8. Solutions for Variations Problems

1. Since x varies as y we can write x=yk where k is proportionality constant which means \(k=\frac{8}{15}.\) Now when y=10 x=10*8/15 i.e. \(x=\frac{16}{3}.\)

2. Since x varies inversely as y we have \(xy=k\) i.e. k=21 since x=3 and y=7. Clearly, when x=7 y will become 3.

3. Given \(x^2=ky^3\) and when x=3, y=4 which implies k=9/64. So our problem is:

\[y = \frac{1*64}{3*9} = \frac{4}{3}. \]

4. Since x varies as y and z jointly we have x=yzk. From given values of x, y and z let us compute k.

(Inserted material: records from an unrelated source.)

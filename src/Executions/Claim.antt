-- ===== src/Executions/Claim.antt =====
-- Which row the pickup query of crates/common/src/db/executions.rs takes.
use mathlib.Core.List.{Memᴰ}
use mathlib.Core.Path.{subst}
use invokr.Base.{
  ℕ, ◌≤◌, ◌≡◌, refl, sym, ap, ◌⊎◌, String, Bool, true, false, Option, none, some, List, [], ◌∷◌,
  arith, leb, if◌then◌else◌, All, Bool-cases, Option-cases, inl, inr, ◌≢◌, ◌↔◌,
}
use invokr.Base.Rows.{update_where}
use invokr.Store.{Execution}
use invokr.Executions.{earliest, is_due, claimed, claim_row, has_id}

-- `e` is taken before every row of `t` that meets the test.
abbrev pub IsFirst : (Execution → Bool) → Execution → List Execution → Type 0
IsFirst p e t = All (λ x. p x ≡ true → e.run_at ≤ x.run_at) t

IsFirst-mono :
    (p : Execution → Bool) (d e : Execution) (t : List Execution)
    → d.run_at ≤ e.run_at
    → IsFirst p e t
    → IsFirst p d t
IsFirst-mono p d e [] h f = tt
IsFirst-mono p d e (x ∷ t) h f = (λ q. omega (arith, f.0 q), IsFirst-mono p d e t h f.1)

earliest-none :
    (p : Execution → Bool) (t : List Execution) → (earliest p t ≡ none) ↔ All (λ x. p x ≡ false) t
unfolding earliest
earliest-none p [] = (λ _. tt, λ _. refl)
earliest-none p (x ∷ t) = ground (arith, earliest-none p t)

IsFirst-none :
    (p : Execution → Bool) (e : Execution) (t : List Execution)
    → All (λ x. p x ≡ false) t
    → IsFirst p e t
IsFirst-none p e [] a = tt
IsFirst-none p e (x ∷ t) a = (λ q. cc (a.0), IsFirst-none p e t a.1)

abbrev pub Picked : (Execution → Bool) → Execution → List Execution → Type 0
Picked p e t = Memᴰ e t × (p e ≡ true) × IsFirst p e t

module _ (p : Execution → Bool) (x : Execution) (t : List Execution) (hit : p x ≡ true) where
  Picked-head : IsFirst p x t → Picked p x (x ∷ t)
  Picked-head f = (Memᴰ.head refl, hit, (λ _. omega arith, f))

  Picked-tail : (r : Execution) → r.run_at ≤ x.run_at → Picked p r t → Picked p r (x ∷ t)
  Picked-tail r h (m, q, f) = (Memᴰ.tail m, q, (λ _. h, f))

  Picked-first :
      (r : Execution) → Picked p r t → Picked p (if leb x.run_at r.run_at then x else r) (x ∷ t)
  Picked-first r picked = elim (Bool-cases (leb x.run_at r.run_at)) [
    | inl before ↦
        subst (λ d. Picked p d (x ∷ t)) (sym (ap (λ b. if b then x else r) before))
          (Picked-head (IsFirst-mono p x r t (ground arith) picked.2))
    | inr after ↦
        subst (λ d. Picked p d (x ∷ t)) (sym (ap (λ b. if b then x else r) after))
          (Picked-tail r (ground arith) picked)
  ]

earliest-Picked :
    (p : Execution → Bool) (t : List Execution) (e : Execution)
    → earliest p t ≡ some e
    → Picked p e t
unfolding earliest
earliest-Picked p [] e h = cc
earliest-Picked p (x ∷ t) e h = elim (Bool-cases (p x)) [
  | inr miss ↦
      let (m, q, f) = earliest-Picked p t e (ground arith) in (Memᴰ.tail m, q, (λ hit. cc, f))
  | inl hit ↦ elim (Option-cases (earliest p t)) [
    | inl nothing ↦
        subst (λ d. Picked p d (x ∷ t)) (ground arith)
          (Picked-head p x t hit (IsFirst-none p x t ((earliest-none p t).0 nothing)))
    | inr (r, found) ↦
        subst (λ d. Picked p d (x ∷ t)) (ground arith)
          (Picked-first p x t hit r (earliest-Picked p t r found))
  ]
]

-- What the pickup query does with a table: it takes a row that is due and not locked, before which
-- no other such row is due, or none if there is no such row.
abbrev pub ClaimOutcome :
    ℕ → (String → Bool) → String → List Execution → Option Execution × List Execution → Type 0
ClaimOutcome now locked worker_id t r =
    ((r.0 ≡ none) × (r.1 ≡ t) × All (λ x. is_due now locked x ≡ false) t)
    ⊎ ((e : Execution) × Picked (is_due now locked) e t
        × (r.0 ≡ some (claimed now worker_id e))
        × (r.1 ≡ update_where (has_id e.execution_id) (claimed now worker_id) t))

-- The pickup query takes a row that may be picked up (QUEUED, RETRYING or PENDING), is due and is
-- not locked by another transaction, and whose `run_at` is the least of all such rows; it marks
-- that row as running for the worker and counts the attempt. It takes none, and changes nothing,
-- exactly in the case that no row is such.
pub claim_row-ClaimOutcome :
    (now : ℕ) (locked : String → Bool) (worker_id : String) (t : List Execution)
    → ClaimOutcome now locked worker_id t (claim_row now locked worker_id t)
unfolding claim_row
claim_row-ClaimOutcome now locked worker_id t =
    elim (Option-cases (earliest (is_due now locked) t)) [
      | inl nothing ↦ rw (nothing, claim_row) (inl (refl, refl, (earliest-none _ t).0 nothing))
      | inr (e, found) ↦
          rw (found, claim_row) (inr (e, earliest-Picked (is_due now locked) t e found, refl, refl))
    ]

-- A worker that holds a row keeps every other worker off it: what the other claims, whatever its
-- clock and its view of the table, is another execution.
pub claim_row_exclusive :
    (now : ℕ) (locked : String → Bool) (worker_id id : String) (t : List Execution) (c : Execution)
    → locked id ≡ true
    → (claim_row now locked worker_id t).0 ≡ some c
    → c.execution_id ≢ id
claim_row_exclusive now locked worker_id id t c held h same =
    elim (claim_row-ClaimOutcome now locked worker_id t) [
      | inl (nothing, _, _) ↦ cc
      | inr (e, picked, got, _) ↦
          let ids : e.execution_id ≡ id = ground arith in
          let free : is_due now locked e ≡ true = picked.1 in ground (arith, ap locked ids)
    ]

\[k = \frac{x}{yz} = 2*\frac{5}{3}*\frac{27}{10} = 9 \]

Now we need to compute z when x=54 and y=3

\[z = \frac{x}{ky} = \frac{54}{3*9} = 2. \]

5. Given a=ck1 and b=ck2 where k1 and k2 are some constants. \(a\pm b\) implies \(c(k1\pm k2)\) therefore it varies as c. Similarly, \(\sqrt{ab}\) implies \(c\sqrt{k1k2}\) therefore it also varies as c.

6. Since a varies as bc can write a=bck. This means b = (a/ck) = ak1/c where k1=1/k and since k is constant k1 will also be constant. The above we can also write as b=k1/(c/a) so we can say b varies inversely as c/a.

  1. From problem statement

\[a=\frac{bk}{c}~\Rightarrow~k=\frac{ca}{b} \Rightarrow~k=\frac{9}{14}*\frac{2}{3}*\frac{7}{3} = 1 \therefore~b=ca=\sqrt{48*75} = 60\]

8. Since x varies as y x=yk. Clearly \(x^2+y^2=y^2(k^2+1)\) and \(x^2-y^2=y^2(k^2-1)\) now \(k^2+1\) and \(k^2-1\) are constants since k is a constant. Therefore, \(x^2+y^2\) varies as \(x^2-y^2\).

9. Let y=z1+z2 now given that z1=xk1 and z2=x/k2 where k1 and k2 are some constants.

Given when y=6 the x=4. This implies:

\[6=4k1+\frac{4}{k2} \]

Also, when y=10/3 then x=3. This implies

\[\frac{10}{3} = 3k1+\frac{3}{k2} \]

Now these two equations involving k1 and k2 can be solved to get their values and then the relation between x and y can be established.

Rest of the problems are left as exercise to the reader.